Still, I imagine with a little effort, the government could do a PR job on the US public. But that ignores the reality that Iraq has bogged down 150,000 troops and put a huge strain on our military and our economy. We are going to be tied up there for at least 5 years and possibly longer if we are not thrown out and compared to Iran, Iraq was a very soft target. I have no doubt the White House and others -
http://www.theorator.com/bills108/s1082.html - would like to act against Iran, but I seriously doubt it is feasible in the near future.
Except perhaps out of desperation. We don't know yet how much control we can retain in Iraq nor for how long. The tolerance of our own public to the cost of being there is also unknown, but obviously it will continue to decline and past a certain point there will be zero support for similar activities elsewhere in the region. Yet if we don't do something, Iraq and Iran will grow close, bringing a stability to the region that it hasn't known since the First World War, and meanwhile the warning signs are up for the regimes in Kuwait and Saudi Arabia. We face the strong possibility that within 10 years the four biggest oil producing countries will all be governed by virulently anti-american regimes.

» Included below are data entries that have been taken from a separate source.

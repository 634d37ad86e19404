-- ===== src/Books/Posts.antt =====
-- What a posting does to the balances of the ledger, seen through the customers' accounts.
use mathlib.Core.Bool.{false≢true}
use monierave.Base.{
  ℕ, ◌≡◌, ◌≢◌, Bool, true, List, [], ◌∷◌, ◌++◌, some, ℤ, pos, ◌+ℤ◌, pos_part, neg_part, ap, sym,
  ◌∙◌, subst, int_laws, arith, ◌==◌, ==_iff, if◌then◌else◌, UniqueKeys, by_key-of_found, some_eq,
  find_first_sound, find_first, String, Bool-cases, inl, inr, not_equal,
}
use monierave.Models.{Account, LedgerAccount, LedgerPosting}
use monierave.Queries.Ledger.{customer_ledger, settlement_ledger, holds_for, settles}
use monierave.Books.Sums.{on_ledger, ledger_balance, sum_if-append}
use monierave.Books.Invariant.{ledger_key, CachedBalances}
use monierave.Books.Credits.{AccountsMoved, only}

-- The customers' ledger balances move by `change`.
abbrev pub LedgersMoved :
    (ℕ → ℤ) → List LedgerAccount → List LedgerPosting → List LedgerPosting → Type 0
LedgersMoved change ledgers before after =
    (id : ℕ) (l : LedgerAccount)
    → customer_ledger id ledgers ≡ some l
    → ledger_balance l.id after ≡ ledger_balance l.id before +ℤ change id

pub LedgersMoved-trans :
    (f g : ℕ → ℤ) (ledgers : List LedgerAccount) (xs ys zs : List LedgerPosting)
    → LedgersMoved f ledgers xs ys
    → LedgersMoved g ledgers ys zs
    → LedgersMoved (λ id. f id +ℤ g id) ledgers xs zs
LedgersMoved-trans f g ledgers xs ys zs h k id l e = omega (
  int_laws,
  ap pos_part (h id l e),
  ap neg_part (h id l e),
  ap pos_part (k id l e),
  ap neg_part (k id l e),
)

-- Where both move alike, the cached balances stay right.
pub CachedBalances-moved :
    (f g : ℕ → ℤ) (ledgers : List LedgerAccount) (xs ys : List Account) (ps qs : List LedgerPosting)
    → ((id : ℕ) → f id ≡ g id)
    → AccountsMoved f xs ys
    → LedgersMoved g ledgers ps qs
    → CachedBalances xs ledgers ps
    → CachedBalances ys ledgers qs
CachedBalances-moved f g ledgers xs ys ps qs same am lm c id a' l e' el =
    let (a, ea, ba, _) = am id a' e' in
    ba
    ∙ ap (λ b. b +ℤ f id) (c id a l ea el)
    ∙ ap (λ d. ledger_balance l.id ps +ℤ d) (same id)
    ∙ sym (lm id l el)

module _ (ledgers : List LedgerAccount) (unique : UniqueKeys ledger_key ledgers) where
  holder : (c : ℕ) (l : LedgerAccount) → holds_for c l ≡ true → l.customer_account_id ≡ some c
  holder c l h = ground arith

  same_ledger :
      (p q : LedgerAccount → Bool) (a b : LedgerAccount)
      → find_first p ledgers ≡ some a
      → find_first q ledgers ≡ some b
      → a.id ≡ b.id
      → a ≡ b
  same_ledger p q a b ea eb e = some_eq (
      sym (by_key-of_found ledger_key p ledgers a unique ea)
      ∙ ap (λ k. find_first (λ (l : LedgerAccount). l.id == k) ledgers) e
      ∙ by_key-of_found ledger_key q ledgers b unique eb)

  -- Two customers do not share a ledger account.
  pub customer_ledger-injective :
      (c i : ℕ) (l m : LedgerAccount)
      → customer_ledger c ledgers ≡ some l
      → customer_ledger i ledgers ≡ some m
      → l.id ≡ m.id
      → c ≡ i
  customer_ledger-injective c i l m el em e = some_eq (
      sym (holder c l (find_first_sound (holds_for c) ledgers l el))
      ∙ ap (λ (x : LedgerAccount). x.customer_account_id)
          (same_ledger (holds_for c) (holds_for i) l m el em e)
      ∙ holder i m (find_first_sound (holds_for i) ledgers m em))

  -- A settlement account is no customer's.
  pub settlement-ne-customer :
      (currency : String) (c : ℕ) (s l : LedgerAccount)
      → settlement_ledger currency ledgers ≡ some s
      → customer_ledger c ledgers ≡ some l
      → s.id ≢ l.id
  settlement-ne-customer currency c s l es el e =
      let same = same_ledger (settles currency) (holds_for c) s l es el e in
      kinds s (find_first_sound (settles currency) ledgers s es)
        (subst (λ x. holds_for c x ≡ true) (sym same) (find_first_sound (holds_for c) ledgers l el))
    where
      kinds : (x : LedgerAccount) → settles currency x ≡ true → holds_for c x ≡ true → ⊥
      kinds x h k = ground arith

  module _ (ps : List LedgerPosting) (p : LedgerPosting) where
    pub LedgersMoved-customer :
        (i : ℕ) (m : LedgerAccount)
        → customer_ledger i ledgers ≡ some m
        → p.ledger_account_id ≡ m.id
        → LedgersMoved (only i p.amount) ledgers ps (ps ++ p ∷ [])
    LedgersMoved-customer i m em ep id l el =
        sum_if-append (on_ledger l.id) ps p
        ∙ ap (λ b. ledger_balance l.id ps +ℤ (if b then p.amount else pos 0)) same
      where
        inj : l.id ≡ m.id → id ≡ i
        inj = customer_ledger-injective id i l m el em

        back : id ≡ i → l ≡ m
        back e = some_eq (sym el ∙ ap (λ k. customer_ledger k ledgers) e ∙ em)

        same : (p.ledger_account_id == l.id) ≡ (id == i)
        same = elim (Bool-cases (id == i)) [
          | inl t ↦ rw t (
              (==_iff _ _).1
                (ep ∙ ap (λ (x : LedgerAccount). x.id) (sym (back ((==_iff id i).0 t)))))
          | inr f ↦
              rw f (not_equal _ _ (λ e. false≢true (sym f ∙ (==_iff id i).1 (inj (sym e ∙ ep)))))
        ]

    pub LedgersMoved-settlement :
        (currency : String) (s : LedgerAccount)
        → settlement_ledger currency ledgers ≡ some s
        → p.ledger_account_id ≡ s.id
        → LedgersMoved (λ id. pos 0) ledgers ps (ps ++ p ∷ [])
    LedgersMoved-settlement currency s es ep id l el =
        sum_if-append (on_ledger l.id) ps p
        ∙ ap (λ b. ledger_balance l.id ps +ℤ (if b then p.amount else pos 0))
            (not_equal _ _ (λ e. settlement-ne-customer currency id s l es el (sym ep ∙ e)))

But what to do that will actually work for us? We need the oil so we cannot flatten the whole region and even the most enthusiastic flag waver surely doesn't imagine we can occupy the whole Middle East. Our activities over the last 80 years have all but guaranteed at least 20 years of mending fences, even if there were any sign (which there is not) that we intended to go that route. I think I hear the sound of chickens coming home to roost and as we try to divert them, the next 10 years should be interesting to say the least.